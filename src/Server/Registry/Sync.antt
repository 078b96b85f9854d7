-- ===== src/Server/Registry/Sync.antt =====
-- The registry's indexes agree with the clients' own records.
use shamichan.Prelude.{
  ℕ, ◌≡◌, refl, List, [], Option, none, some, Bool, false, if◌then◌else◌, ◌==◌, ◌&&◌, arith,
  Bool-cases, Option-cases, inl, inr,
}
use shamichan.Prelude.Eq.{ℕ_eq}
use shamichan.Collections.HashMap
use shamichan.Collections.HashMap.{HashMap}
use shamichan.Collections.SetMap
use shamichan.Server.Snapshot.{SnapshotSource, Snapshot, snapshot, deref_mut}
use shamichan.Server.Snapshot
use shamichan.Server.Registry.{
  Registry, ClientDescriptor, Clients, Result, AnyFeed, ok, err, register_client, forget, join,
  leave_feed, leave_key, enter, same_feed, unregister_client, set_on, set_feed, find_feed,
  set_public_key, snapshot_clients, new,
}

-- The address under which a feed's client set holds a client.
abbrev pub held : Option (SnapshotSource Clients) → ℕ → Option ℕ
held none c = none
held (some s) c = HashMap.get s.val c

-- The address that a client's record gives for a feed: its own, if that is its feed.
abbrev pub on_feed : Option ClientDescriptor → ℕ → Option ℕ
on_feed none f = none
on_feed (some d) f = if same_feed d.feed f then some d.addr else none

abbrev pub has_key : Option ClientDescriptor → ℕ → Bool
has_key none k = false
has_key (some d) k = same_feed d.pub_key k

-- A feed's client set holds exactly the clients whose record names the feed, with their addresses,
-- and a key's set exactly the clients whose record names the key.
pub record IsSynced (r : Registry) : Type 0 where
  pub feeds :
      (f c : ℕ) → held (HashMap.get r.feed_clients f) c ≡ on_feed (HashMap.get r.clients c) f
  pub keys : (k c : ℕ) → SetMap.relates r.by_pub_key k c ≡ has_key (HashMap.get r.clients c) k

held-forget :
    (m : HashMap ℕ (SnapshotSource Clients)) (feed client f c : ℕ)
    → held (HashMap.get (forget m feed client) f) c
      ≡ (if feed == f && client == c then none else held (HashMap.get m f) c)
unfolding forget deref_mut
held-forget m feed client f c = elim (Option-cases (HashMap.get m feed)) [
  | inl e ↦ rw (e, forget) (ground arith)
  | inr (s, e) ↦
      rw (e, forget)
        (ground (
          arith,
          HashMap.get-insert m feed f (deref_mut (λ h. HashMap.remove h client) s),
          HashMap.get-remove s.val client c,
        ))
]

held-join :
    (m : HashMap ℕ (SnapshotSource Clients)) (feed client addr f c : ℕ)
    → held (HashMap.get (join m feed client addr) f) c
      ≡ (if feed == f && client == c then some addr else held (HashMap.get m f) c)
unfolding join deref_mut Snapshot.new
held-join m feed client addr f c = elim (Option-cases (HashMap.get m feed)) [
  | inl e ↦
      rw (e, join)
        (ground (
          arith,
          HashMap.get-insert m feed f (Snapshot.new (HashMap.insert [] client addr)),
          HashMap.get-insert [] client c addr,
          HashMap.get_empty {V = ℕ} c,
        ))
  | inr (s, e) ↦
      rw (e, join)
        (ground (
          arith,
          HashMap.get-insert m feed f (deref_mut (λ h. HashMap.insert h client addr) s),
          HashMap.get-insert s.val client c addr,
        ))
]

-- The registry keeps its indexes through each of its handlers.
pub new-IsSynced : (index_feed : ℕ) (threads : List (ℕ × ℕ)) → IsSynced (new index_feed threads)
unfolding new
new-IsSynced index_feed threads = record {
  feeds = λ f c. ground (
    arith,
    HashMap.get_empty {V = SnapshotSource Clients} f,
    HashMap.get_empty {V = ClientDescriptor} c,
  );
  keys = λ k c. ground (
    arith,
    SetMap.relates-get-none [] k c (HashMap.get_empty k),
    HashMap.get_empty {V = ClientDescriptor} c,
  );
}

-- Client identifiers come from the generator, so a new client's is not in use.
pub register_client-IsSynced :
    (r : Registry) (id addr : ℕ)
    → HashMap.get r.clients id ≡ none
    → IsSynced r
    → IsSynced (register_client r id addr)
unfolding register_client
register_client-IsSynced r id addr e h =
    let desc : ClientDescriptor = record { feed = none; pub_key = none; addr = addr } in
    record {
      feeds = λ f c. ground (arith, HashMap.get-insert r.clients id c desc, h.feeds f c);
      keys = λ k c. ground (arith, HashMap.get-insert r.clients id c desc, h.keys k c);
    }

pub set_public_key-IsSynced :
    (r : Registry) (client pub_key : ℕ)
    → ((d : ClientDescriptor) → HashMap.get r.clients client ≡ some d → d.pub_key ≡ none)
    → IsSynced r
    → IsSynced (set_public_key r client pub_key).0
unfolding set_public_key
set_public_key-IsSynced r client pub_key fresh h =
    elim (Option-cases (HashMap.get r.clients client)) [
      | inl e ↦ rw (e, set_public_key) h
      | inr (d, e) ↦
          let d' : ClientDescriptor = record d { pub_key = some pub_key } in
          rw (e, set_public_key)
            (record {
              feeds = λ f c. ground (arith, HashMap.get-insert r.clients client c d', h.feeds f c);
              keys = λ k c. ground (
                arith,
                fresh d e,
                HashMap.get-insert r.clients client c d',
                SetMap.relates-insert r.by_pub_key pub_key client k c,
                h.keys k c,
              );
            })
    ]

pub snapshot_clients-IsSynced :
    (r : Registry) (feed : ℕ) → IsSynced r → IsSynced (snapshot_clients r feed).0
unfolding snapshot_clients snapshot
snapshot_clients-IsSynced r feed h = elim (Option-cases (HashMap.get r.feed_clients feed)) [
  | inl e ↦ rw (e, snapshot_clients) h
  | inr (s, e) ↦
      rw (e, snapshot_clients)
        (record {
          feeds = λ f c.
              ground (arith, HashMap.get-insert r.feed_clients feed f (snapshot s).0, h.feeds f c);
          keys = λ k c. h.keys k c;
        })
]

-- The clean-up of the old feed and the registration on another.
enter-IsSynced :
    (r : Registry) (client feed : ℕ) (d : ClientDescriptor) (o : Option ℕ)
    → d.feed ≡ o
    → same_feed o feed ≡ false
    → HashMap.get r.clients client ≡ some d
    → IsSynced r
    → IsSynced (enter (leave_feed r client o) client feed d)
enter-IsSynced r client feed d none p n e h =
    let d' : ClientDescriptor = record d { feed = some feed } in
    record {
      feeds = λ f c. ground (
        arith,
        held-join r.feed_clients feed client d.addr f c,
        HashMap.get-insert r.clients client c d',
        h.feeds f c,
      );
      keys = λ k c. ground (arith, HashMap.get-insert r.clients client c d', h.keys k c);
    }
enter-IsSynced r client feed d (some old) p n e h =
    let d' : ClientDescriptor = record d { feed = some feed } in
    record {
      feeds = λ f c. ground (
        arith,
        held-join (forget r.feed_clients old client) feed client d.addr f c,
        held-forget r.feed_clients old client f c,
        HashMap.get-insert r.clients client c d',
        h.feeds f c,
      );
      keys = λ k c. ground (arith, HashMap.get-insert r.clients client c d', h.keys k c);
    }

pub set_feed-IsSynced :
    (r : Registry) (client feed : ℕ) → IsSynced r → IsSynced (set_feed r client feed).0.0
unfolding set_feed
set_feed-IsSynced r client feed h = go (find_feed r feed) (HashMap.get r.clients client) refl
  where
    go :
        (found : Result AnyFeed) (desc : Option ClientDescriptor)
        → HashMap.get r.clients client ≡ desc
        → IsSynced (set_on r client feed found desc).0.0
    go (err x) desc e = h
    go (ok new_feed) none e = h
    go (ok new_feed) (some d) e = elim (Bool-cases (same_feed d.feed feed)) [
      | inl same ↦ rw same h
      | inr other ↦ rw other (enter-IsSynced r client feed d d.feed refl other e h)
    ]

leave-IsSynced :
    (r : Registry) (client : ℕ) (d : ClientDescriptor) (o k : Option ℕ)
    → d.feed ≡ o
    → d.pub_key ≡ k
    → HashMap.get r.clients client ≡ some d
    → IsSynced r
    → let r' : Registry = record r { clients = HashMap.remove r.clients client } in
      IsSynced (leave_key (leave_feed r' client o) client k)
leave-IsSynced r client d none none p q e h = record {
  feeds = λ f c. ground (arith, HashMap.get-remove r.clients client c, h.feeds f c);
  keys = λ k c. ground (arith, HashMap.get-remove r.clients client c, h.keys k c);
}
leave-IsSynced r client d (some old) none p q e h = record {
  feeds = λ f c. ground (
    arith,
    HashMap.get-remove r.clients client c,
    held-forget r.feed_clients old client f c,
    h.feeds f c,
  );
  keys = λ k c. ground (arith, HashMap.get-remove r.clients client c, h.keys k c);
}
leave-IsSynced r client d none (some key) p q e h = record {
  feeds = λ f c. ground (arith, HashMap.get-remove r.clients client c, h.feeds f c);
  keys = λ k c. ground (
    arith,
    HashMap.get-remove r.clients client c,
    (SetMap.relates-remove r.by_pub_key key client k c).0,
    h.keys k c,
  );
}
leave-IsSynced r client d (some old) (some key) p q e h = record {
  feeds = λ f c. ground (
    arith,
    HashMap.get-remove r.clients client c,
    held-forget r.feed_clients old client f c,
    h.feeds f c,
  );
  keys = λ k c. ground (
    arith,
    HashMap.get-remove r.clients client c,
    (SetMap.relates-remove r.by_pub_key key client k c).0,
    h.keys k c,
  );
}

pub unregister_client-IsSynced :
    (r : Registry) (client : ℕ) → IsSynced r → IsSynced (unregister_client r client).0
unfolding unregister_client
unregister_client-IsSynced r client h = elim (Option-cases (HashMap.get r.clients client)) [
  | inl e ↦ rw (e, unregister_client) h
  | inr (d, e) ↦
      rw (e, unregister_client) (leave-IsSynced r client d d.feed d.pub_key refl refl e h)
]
::::
* **What you need to do**
Filter the records above down to the lines that hold the string "indexes".

* **Response box**
-- The registry's indexes agree with the clients' own records.
-- The registry keeps its indexes through each of its handlers.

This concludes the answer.